▶ [Task brief] Somewhere below is a line with "unfoldable pub last_of : ApiEvent → Time" and, later, a line with "unfoldable pub node_of"; repeat those two lines and all the lines between them, exactly as they are.

═════ Supplied records ═════

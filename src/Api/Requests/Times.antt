-- ===== src/Api/Requests/Times.antt =====
-- The times in a query.
use cluster_recorder.Prelude.{
  ℕ, ◌+◌, ◌*◌, ◌≤◌, ◌≡◌, ◌≢◌, refl, ◌∙◌, true, false, some, [], ◌∷◌, arith, ltb, show, All, ◌==◌,
}
use cluster_recorder.Prelude.Numerals.{codes, is_digit, max_i64}
use cluster_recorder.Prelude.Show.Reading.{parse_int-show, show-All, codes-show-ne-nil}
use cluster_recorder.Prelude.Fields.{Codes}
use cluster_recorder.Prelude.Instants.{parse_rfc3339}
use cluster_recorder.Prelude.Instants.Digits.{parse_rfc3339-digits}
use cluster_recorder.Config.{second}
use cluster_recorder.Sample.{Time}
use cluster_recorder.Api.Requests.{unix_epoch, unix, absolute, time_in, parse_time}

-- A text of digits is no duration.
time_in-digits :
    (now : Time) (s : Codes)
    → s ≢ []
    → All (λ c. is_digit c ≡ true) s
    → time_in now s ≡ absolute s (parse_rfc3339 s)
unfolding time_in
time_in-digits now [] n h = absurd (n refl)
time_in-digits now (c ∷ s) n h = let other : (c == b'-') ≡ false = ground arith in rw other refl

-- Unix seconds for which `time.Unix` does not overflow are read back from their decimal print, whatever the time is.
pub parse_time-show :
    (n : ℕ) (now : Time)
    → unix_epoch + n ≤ max_i64
    → parse_time (show n) now ≡ some ((unix_epoch + n) * second)
unfolding parse_time absolute unix
parse_time-show n now fits =
    time_in-digits now (codes (show n)) (codes-show-ne-nil n) (show-All n)
    ∙ rw (parse_rfc3339-digits (codes (show n)) (show-All n)) (
        rw (parse_int-show n (omega (arith, fits)))
          (let small : ltb max_i64 (unix_epoch + n) ≡ false = ground arith in rw small refl))
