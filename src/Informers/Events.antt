-- ===== src/Informers/Events.antt =====
-- internal/informers/convert.go: events of the API as they are stored.
use cluster_recorder.Prelude.{
  ℕ, ◌≢◌, String, not, ◌&&◌, Option, none, some, str_eq, ◌==◌, if◌then◌else◌, arith,
}
use cluster_recorder.Sample.{Time}
use cluster_recorder.Store.Tables.{Event}
use cluster_recorder.Informers.{ApiEvent, EventSeries}

-- `if t.IsZero() { t = next }`
abbrev or_else : ℕ → ℕ → ℕ
or_else t next = if t == 0 then next else t

series_time : Option EventSeries → Time
series_time none = 0
series_time (some s) = s.last_observed_time

series_count : Option EventSeries → ℕ
series_count none = 0
series_count (some s) = s.count

unfoldable pub last_of : ApiEvent → Time
unfolding series_time
last_of ev =
    or_else (or_else (or_else ev.last_timestamp (series_time ev.series)) ev.event_time)
      ev.creation_timestamp

unfoldable pub first_of : ApiEvent → Time
unfolding last_of
first_of ev = or_else (or_else ev.first_timestamp ev.event_time) (last_of ev)

unfoldable pub count_of : ApiEvent → ℕ
unfolding series_count
count_of ev = or_else (or_else ev.count (series_count ev.series)) 1

-- The node of the object that the event is about.
unfoldable pub node_of : (String → String → String) → ApiEvent → String
node_of node_of_pod ev =
    if str_eq ev.involved_object.kind "Node"
    then ev.involved_object.name
    else if str_eq ev.involved_object.kind "Pod"
        && not (str_eq (node_of_pod ev.involved_object.namespace ev.involved_object.name) "")
    then node_of_pod ev.involved_object.namespace ev.involved_object.name
    else ev.source_host

-- EventRecord
unfoldable pub event_record : ApiEvent → (String → String → String) → Event
unfolding last_of first_of count_of node_of
event_record ev node_of_pod = record {
  uid = ev.uid;
  namespace = ev.namespace;
  name = ev.name;
  type = ev.type;
  reason = ev.reason;
  message = ev.message;
  kind = ev.involved_object.kind;
  obj_namespace = ev.involved_object.namespace;
  obj_name = ev.involved_object.name;
  node = node_of node_of_pod ev;
  count = count_of ev;
  first = first_of ev;
  last = last_of ev;
}

-- An event that the API server has created is stored with both times and a count: whichever of the
-- deprecated and the newer fields its reporter left empty.
pub event_record_dated :
    (ev : ApiEvent) (node_of_pod : String → String → String)
    → ev.creation_timestamp ≢ 0
    → let e = event_record ev node_of_pod in (e.first ≢ 0) × (e.last ≢ 0) × (e.count ≢ 0)
unfolding event_record first_of last_of count_of
event_record_dated ev node_of_pod created =
    (λ e. ground (arith, created, e), λ e. ground (arith, created, e), λ e. ground (arith, e))
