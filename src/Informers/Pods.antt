-- ===== src/Informers/Pods.antt =====
-- internal/informers/convert.go: what changed between two versions of a pod, and a pod's state.
pub mod Changes
use Prim.Native.String.{◌++◌ as ◌<>◌}
use cluster_recorder.Prelude.{
  ℕ, ◌+◌, String, Bool, true, false, not, ◌&&◌, ◌||◌, Option, none, some, List, [], ◌∷◌, ◌++◌, map,
  ltb, str_eq, show, ◌==◌, if◌then◌else◌,
}
use cluster_recorder.Prelude.Order.{text_order}
use cluster_recorder.Prelude.Sorting.{sort_by}
use cluster_recorder.Dict.{Dict, get, put}
use cluster_recorder.Sample.{Time}
use cluster_recorder.Store.Tables.{
  PodTransition, PodState, transition_phase, transition_restart, transition_waiting,
}
use cluster_recorder.Informers.{Pod, ContainerStatus, Waiting, Terminated}

unfoldable pub add_statuses : Dict ContainerStatus → List ContainerStatus → Dict ContainerStatus
add_statuses m [] = m
add_statuses m (cs ∷ rest) = add_statuses (put m cs.name cs) rest

-- containerStatuses
unfoldable pub container_statuses : Pod → Dict ContainerStatus
unfolding add_statuses
container_statuses p = add_statuses (add_statuses [] p.init_container_statuses) p.container_statuses

-- waitingReason
unfoldable pub waiting_reason : ContainerStatus → String
waiting_reason cs = elim cs.waiting [ none ↦ "" | some w ↦ w.reason ]

-- A missing key of the map is the zero status.
unfoldable pub status_at : Dict ContainerStatus → String → ContainerStatus
status_at m k = elim (get m k) [
  | none ↦ record { name = ""; restart_count = 0; waiting = none; last_terminated = none }
  | some cs ↦ cs
]

restart_detail : String → Option Terminated → String
restart_detail name none = "container=" <> name
restart_detail name (some term) =
    "container=" <> (name <> (" reason=" <> (term.reason <> (" exit=" <> show term.exit_code))))

restart_time : Time → Option Terminated → Time
restart_time now none = now
restart_time now (some term) = if term.finished_at == 0 then now else term.finished_at

waiting_detail : String → Option Waiting → String
waiting_detail name none = "container=" <> name
waiting_detail name (some w) =
    if str_eq w.message ""
    then "container=" <> name
    else "container=" <> (name <> (" " <> w.message))

module _ (new_pod : Pod) (now : Time) where
  abbrev base : PodTransition
  base = record {
    id = 0;
    time = now;
    namespace = new_pod.namespace;
    name = new_pod.name;
    node = new_pod.node_name;
    kind = "";
    old = "";
    new = "";
    detail = "";
  }

  unfoldable pub phase_change : Pod → List PodTransition
  phase_change old_pod =
      if str_eq old_pod.phase new_pod.phase
      then []
      else record base {
        kind = transition_phase;
        old = old_pod.phase;
        new = new_pod.phase;
        detail = new_pod.reason;
      }
        ∷ []

  unfoldable pub restart_change : String → ContainerStatus → ContainerStatus → List PodTransition
  unfolding restart_detail restart_time
  restart_change name o n =
      if ltb o.restart_count n.restart_count
      then record base {
        kind = transition_restart;
        old = show o.restart_count;
        new = show n.restart_count;
        detail = restart_detail name n.last_terminated;
        time = restart_time now n.last_terminated;
      }
        ∷ []
      else []

  unfoldable pub waiting_change : String → ContainerStatus → ContainerStatus → List PodTransition
  unfolding waiting_reason waiting_detail
  waiting_change name o n =
      if str_eq (waiting_reason o) (waiting_reason n)
      then []
      else record base {
        kind = transition_waiting;
        old = waiting_reason o;
        new = waiting_reason n;
        detail = waiting_detail name n.waiting;
      }
        ∷ []

  -- The loop over the container names.
  unfoldable pub container_changes :
      Dict ContainerStatus → Dict ContainerStatus → List String → List PodTransition
  unfolding restart_change waiting_change status_at
  container_changes old_cs new_cs [] = []
  container_changes old_cs new_cs (name ∷ names) =
      restart_change name (status_at old_cs name) (status_at new_cs name)
      ++ (waiting_change name (status_at old_cs name) (status_at new_cs name)
          ++ container_changes old_cs new_cs names)

-- PodTransitions
unfoldable pub pod_transitions : Pod → Pod → Time → List PodTransition
unfolding phase_change container_changes container_statuses
pod_transitions old_pod new_pod now =
    phase_change new_pod now old_pod
    ++ container_changes new_pod now (container_statuses old_pod) (container_statuses new_pod) (
        sort_by (λ (s : String). s)
          (map (λ (e : String × ContainerStatus). e.0) (container_statuses new_pod)))

-- The body of the loop of PodStateOf.
unfoldable pub add_container : ContainerStatus → PodState → PodState
unfolding waiting_reason
add_container cs s =
    let counted = record s { restarts = s.restarts + cs.restart_count } in
    if not (str_eq (waiting_reason cs) "")
      && (str_eq s.waiting_reason "" || str_eq (waiting_reason cs) "CrashLoopBackOff")
    then record counted { waiting_reason = waiting_reason cs }
    else counted

unfoldable pub add_containers : Dict ContainerStatus → PodState → PodState
unfolding add_container
add_containers [] s = s
add_containers ((k, cs) ∷ m) s = add_containers m (add_container cs s)

abbrev pub blank_state : Pod → PodState
blank_state p = record {
  namespace = p.namespace;
  name = p.name;
  node = p.node_name;
  phase = p.phase;
  waiting_reason = "";
  restarts = 0;
  since = 0;
}

-- PodStateOf, with the statuses in the order in which `range` visits them.
unfoldable pub pod_state_in : Dict ContainerStatus → Pod → PodState
unfolding add_containers
pod_state_in statuses p = add_containers statuses (blank_state p)

-- PodStateOf, in the order in which the map was filled.
unfoldable pub pod_state_of : Pod → PodState
unfolding pod_state_in container_statuses
pod_state_of p = pod_state_in (container_statuses p) p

═════

▶ [Expected answer]
unfoldable pub last_of : ApiEvent → Time
unfolding series_time
last_of ev =
    or_else (or_else (or_else ev.last_timestamp (series_time ev.series)) ev.event_time)
      ev.creation_timestamp

unfoldable pub first_of : ApiEvent → Time
unfolding last_of
first_of ev = or_else (or_else ev.first_timestamp ev.event_time) (last_of ev)

unfoldable pub count_of : ApiEvent → ℕ
unfolding series_count
count_of ev = or_else (or_else ev.count (series_count ev.series)) 1

-- The node of the object that the event is about.
unfoldable pub node_of : (String → String → String) → ApiEvent → String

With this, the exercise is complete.